The Panda Express restaurant chain and the Panda Cares Foundation donated 100 lunches and 42,000 surgical and N95 masks to Providence St. Joseph Health facilities in Oregon. Here, general managers for Panda Express stores in Portland, Oregon, deliver
some of the items to Providence St. Vincent Medical Center in Portland.
They say they've been reevaluating social fundraising events, such as galas and golf outings, to determine which ones still make sense to do, and how to do them safely. Some foundations have resumed select in-person larger-scale events, with infection
protocols in place.
Ayres says virtual fundraisers have met with limited success. The foundation staffs that reimagined the events instead of making old events virtual have been most successful.
'Good investment'
The Bon Secours Mercy Health, CommonSpirit Health, Providence St. Joseph and Trinity Health executives say that gifts to their foundations have remained steady or have increased during the pandemic. Najjar of CommonSpirit
says foundations in that system had one of their best fundraising years ever in 2020, raised even more in 2021 and are on pace already to have a strong 2022. Najjar attributes the success to continued giving by faithful donors, combined with the infusion
of funds from new donors.
Petonic says fundraising flattened a bit at Trinity Health foundations at the start of the pandemic amid economic uncertainty but then increased as established philanthropists returned to active giving. Koder of Bon Secours Mercy Health says giving in
almost all categories increased during the pandemic. This includes grants to the foundations as well as planned, corporate and annual gifts.
And Kelley of Providence says that system's foundations saw some of their best fundraising levels ever during the pandemic. "People saw us as a good investment" because of all that health care providers were doing during the pandemic, she says.
Foundations meet needs of clinicians, frontline staff
Traditionally, one function of health care foundations has been to provide resources to meet staff members' needs, and that role has proved essential during the pandemic.
The historic, December 2021 long-track tornado that struck Tennessee and Kentucky caused catastrophic damage including in this Princeton, Kentucky, neighborhood. Bon Secours Mercy Health has come to the aid of employees whose lives and property
were significantly impacted. The system's foundation has provided them with assistance with temporary housing and rebuilding costs.
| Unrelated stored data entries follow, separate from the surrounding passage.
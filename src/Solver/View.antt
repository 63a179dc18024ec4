-- ===== src/Solver/View.antt =====
-- Every valid, resolved trellis is the flat form of some stages.
use mathlib.Core.List.{append_assoc}
use routers.Common.{
  ℕ, suc, ◌+◌, ◌*◌, ◌≤◌, ◌<◌, ◌≡◌, refl, ap, subst, ◌∙◌, sym, List, [], ◌∷◌, ◌++◌, some, true,
  arith, append-nil, length, take, drop, get_elem?, length-append, length-take, length-drop,
  take-append-drop, All, All-take, All-drop, get_elem?-append, Range, slice, slice-append,
}
use routers.Trellis.Types.{Transition, pending, resolved, max_weight}
use routers.Trellis.Graph.{Trellis, sum, all_resolved, fully_resolved}
use routers.Trellis.Shape.{IsShaped}
use routers.Trellis.Valid.{IsValid, IsWidth}
use routers.Solver.Stages.{Stage, IsStage, IsFirst, AreStages, top, flat_nodes, flat_widths}

unfoldable pub flat_transitions : List Stage → List Transition
flat_transitions [] = []
flat_transitions (s ∷ ss) = flat_transitions ss ++ (resolved s.weights ∷ [])

-- The stages are the lower layers of the trellis.
pub record Within (t : Trellis) (first : List ℕ) (ss : List Stage) : Type 0 where
  pub later_widths : List ℕ
  pub later_nodes : List ℕ
  pub later_transitions : List Transition
  pub widths_eq : t.widths ≡ flat_widths first ss ++ later_widths
  pub nodes_eq : t.nodes ≡ flat_nodes first ss ++ later_nodes
  pub transitions_eq : t.transitions ≡ flat_transitions ss ++ later_transitions
  pub stages_ok : AreStages first ss

-- The stages are all layers of the trellis.
pub record Shows (t : Trellis) (first : List ℕ) (ss : List Stage) : Type 0 where
  pub all_widths : t.widths ≡ flat_widths first ss
  pub all_nodes : t.nodes ≡ flat_nodes first ss
  pub all_transitions : t.transitions ≡ flat_transitions ss
  pub all_ok : AreStages first ss

pub Shows-Within :
    (t : Trellis) (first : List ℕ) (ss : List Stage) → Shows t first ss → Within t first ss
Shows-Within t first ss v = record {
  later_widths = [];
  later_nodes = [];
  later_transitions = [];
  widths_eq = v.all_widths ∙ sym (append-nil (flat_widths first ss));
  nodes_eq = v.all_nodes ∙ sym (append-nil (flat_nodes first ss));
  transitions_eq = v.all_transitions ∙ sym (append-nil (flat_transitions ss));
  stages_ok = v.all_ok;
}

module _ (t : Trellis) (first : List ℕ) where
  pub Within-pred : (s : Stage) (ss : List Stage) → Within t first (s ∷ ss) → Within t first ss
  unfolding flat_widths flat_nodes flat_transitions
  Within-pred s ss v = record {
    later_widths = length s.nodes ∷ v.later_widths;
    later_nodes = s.nodes ++ v.later_nodes;
    later_transitions = resolved s.weights ∷ v.later_transitions;
    widths_eq =
        v.widths_eq ∙ append_assoc (flat_widths first ss) (length s.nodes ∷ []) v.later_widths;
    nodes_eq = v.nodes_eq ∙ append_assoc (flat_nodes first ss) s.nodes v.later_nodes;
    transitions_eq =
        v.transitions_eq
        ∙ append_assoc (flat_transitions ss) (resolved s.weights ∷ []) v.later_transitions;
    stages_ok = v.stages_ok.1;
  }

  pub length-flat_transitions : (ss : List Stage) → length (flat_transitions ss) ≡ length ss
  unfolding flat_transitions
  length-flat_transitions [] = refl
  length-flat_transitions (s ∷ ss) = omega (
    arith,
    length-append (flat_transitions ss) (resolved s.weights ∷ []),
    length-flat_transitions ss,
  )

  pub length-flat_widths : (ss : List Stage) → length (flat_widths first ss) ≡ suc (length ss)
  unfolding flat_widths
  length-flat_widths [] = refl
  length-flat_widths (s ∷ ss) =
      omega
        (arith, length-append (flat_widths first ss) (length s.nodes ∷ []), length-flat_widths ss)

  -- The boundary, the width and the nodes of a stage within the trellis.
  pub Within-transition :
      (s : Stage) (ss : List Stage)
      → Within t first (s ∷ ss)
      → get_elem? t.transitions (length ss) ≡ some (resolved s.weights)
  unfolding Within-pred
  Within-transition s ss v =
      let w = Within-pred s ss v in
      rw (w.transitions_eq, ← length-flat_transitions ss)
        (get_elem?-append (flat_transitions ss) (resolved s.weights) v.later_transitions)

  pub Within-width :
      (s : Stage) (ss : List Stage)
      → Within t first (s ∷ ss)
      → get_elem? t.widths (suc (length ss)) ≡ some (length s.nodes)
  unfolding Within-pred
  Within-width s ss v =
      let w = Within-pred s ss v in
      rw (w.widths_eq, ← length-flat_widths ss)
        (get_elem?-append (flat_widths first ss) (length s.nodes) v.later_widths)

  pub Within-nodes :
      (s : Stage) (ss : List Stage) (r : Range)
      → Within t first (s ∷ ss)
      → r.start ≡ length (flat_nodes first ss)
      → r.stop ≡ length (flat_nodes first ss) + length s.nodes
      → slice t.nodes r ≡ some s.nodes
  unfolding Within-pred
  Within-nodes s ss r v p q =
      let w = Within-pred s ss v in
      ap (λ xs. slice xs r) w.nodes_eq
      ∙ slice-append (flat_nodes first ss) s.nodes v.later_nodes r p q

-- The layers that are left extend the stages found.
extend :
    (first : List ℕ) (ss : List Stage) (ws ns : List ℕ) (ts : List Transition)
    → AreStages first ss
    → IsShaped (length (top first ss) ∷ ws) ts
    → All IsWidth ws
    → length ns ≡ sum ws
    → All (λ w. w ≤ max_weight) ns
    → all_resolved ts ≡ true
    → (rs : List Stage) × AreStages first rs
      × (flat_widths first rs ≡ flat_widths first ss ++ ws)
      × (flat_nodes first rs ≡ flat_nodes first ss ++ ns)
      × (flat_transitions rs ≡ flat_transitions ss ++ ts)
unfolding flat_widths flat_nodes flat_transitions
extend first ss [] [] [] h shape wide count bound done =
    (ss, h, sym (append-nil _), sym (append-nil _), sym (append-nil _))
extend first ss [] [] (x ∷ ts) h shape wide count bound done = absurd shape
extend first ss [] (n ∷ ns) ts h shape wide count bound done = absurd (omega arith)
extend first ss (w ∷ ws) ns [] h shape wide count bound done = absurd shape
extend first ss (w ∷ ws) ns (pending ∷ ts) h shape wide count bound done = absurd (ground arith)
extend first ss (w ∷ ws) ns (resolved xs ∷ ts) h shape wide count bound done =
    let s : Stage = record { weights = xs; nodes = take w ns } in
    let size : length (take w ns) ≡ w = omega (arith, length-take w ns) in
    let ok : IsStage (length (top first ss)) s = record {
      wide = omega (arith, wide.0.0);
      word = omega (arith, wide.0.1);
      nodes_ok = All-take (λ n. n ≤ max_weight) w ns bound;
      shape = shape.0.0 ∙ ap (λ n. length (top first ss) * n) (sym size);
      weights_ok = shape.0.1;
    } in
    let (rs, good, ws_eq, ns_eq, ts_eq) =
      extend first (s ∷ ss) ws (drop w ns) ts (ok, h)
        (subst (λ n. IsShaped (n ∷ ws) ts) (sym size) shape.1) wide.1
        (omega (arith, length-drop w ns)) (All-drop (λ n. n ≤ max_weight) w ns bound) done in
    (
      rs,
      good,
      ws_eq
          ∙ ap (λ n. (flat_widths first ss ++ (n ∷ [])) ++ ws) size
          ∙ append_assoc (flat_widths first ss) (w ∷ []) ws,
      ns_eq
          ∙ append_assoc (flat_nodes first ss) (take w ns) (drop w ns)
          ∙ ap (λ l. flat_nodes first ss ++ l) (take-append-drop w ns),
      ts_eq ∙ append_assoc (flat_transitions ss) (resolved xs ∷ []) ts,
    )

-- A valid trellis whose boundaries are all resolved is shown by some stages.
pub Shows-of_resolved :
    (t : Trellis)
    → IsValid t
    → fully_resolved t ≡ true
    → (first : List ℕ) × (ss : List Stage) × Shows t first ss
unfolding fully_resolved flat_widths flat_nodes flat_transitions
Shows-of_resolved t v done = split t.widths refl v.has_layer v.widths_ok v.node_count v.shape
  where
    split :
        (ws : List ℕ)
        → t.widths ≡ ws
        → 0 < length ws
        → All IsWidth ws
        → length t.nodes ≡ sum ws
        → IsShaped ws t.transitions
        → (first : List ℕ) × (ss : List Stage) × Shows t first ss
    split [] e pos wide count shape = absurd (omega arith)
    split (w ∷ ws) e pos wide count shape =
        let size : length (take w t.nodes) ≡ w = omega (arith, length-take w t.nodes) in
        let first_ok : IsFirst (take w t.nodes) = record {
          wide = omega (arith, wide.0.0);
          word = omega (arith, wide.0.1);
          nodes_ok = All-take (λ n. n ≤ max_weight) w t.nodes v.nodes_ok;
        } in
        let (rs, good, ws_eq, ns_eq, ts_eq) =
          extend (take w t.nodes) [] ws (drop w t.nodes) t.transitions first_ok
            (subst (λ n. IsShaped (n ∷ ws) t.transitions) (sym size) shape) wide.1
            (omega (arith, length-drop w t.nodes))
            (All-drop (λ n. n ≤ max_weight) w t.nodes v.nodes_ok) done in
        (
          take w t.nodes,
          rs,
          record {
            all_widths = e ∙ sym (ws_eq ∙ ap (λ n. n ∷ ws) size);
            all_nodes = sym (ns_eq ∙ take-append-drop w t.nodes);
            all_transitions = sym ts_eq;
            all_ok = good;
          },
        )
Ministry executives say foundations within their systems have helped to pay for and in some cases secure personal protective equipment for staff. The foundations also funded well-being resources for staff and provided monetary aid to employees
in financial distress.
Trinity Health Mid-Atlantic's foundation worked with the Independence Blue Cross Foundation and the NeuroFlow mental health software company to create wellness resources for clinicians. Aimed particularly to nurses, the app-based program allows clinicians to log their mood scores, make journal entries, assess their sleep patterns, and access wellness
information.
Additionally, during the pandemic, Trinity Health built out an online platform for staff to apply for emergency assistance funds.
Bon Secours Mercy Health's system-level foundation provided associate hardship funds to the system. That money went to staff who were furloughed in 2020 when inpatient counts fell and ambulatory care visits plummeted as hospitals scaled back the
services they offered to free up resources to focus on their COVID-19 response.
The foundation paid for child care and eldercare for staff who remained in the active workforce but who had new dependent-care expenses. Early in the pandemic especially, it was difficult and costly to find such care, particularly with many child
care and eldercare facilities shut down because of the pandemic, says Tim Koder, president of the Bon Secours Mercy Health Foundations at Bon Secours Mercy Health.
The Bon Secours Mercy Health system foundation bought meals for workers, and in some cases paid for hotel rooms for frontline staff who feared exposing family members to COVID-19. It gave about $42 million for such support.
The foundation once again came to associates' aid late last year when tornadoes destroyed some associates' homes and other property in Kentucky.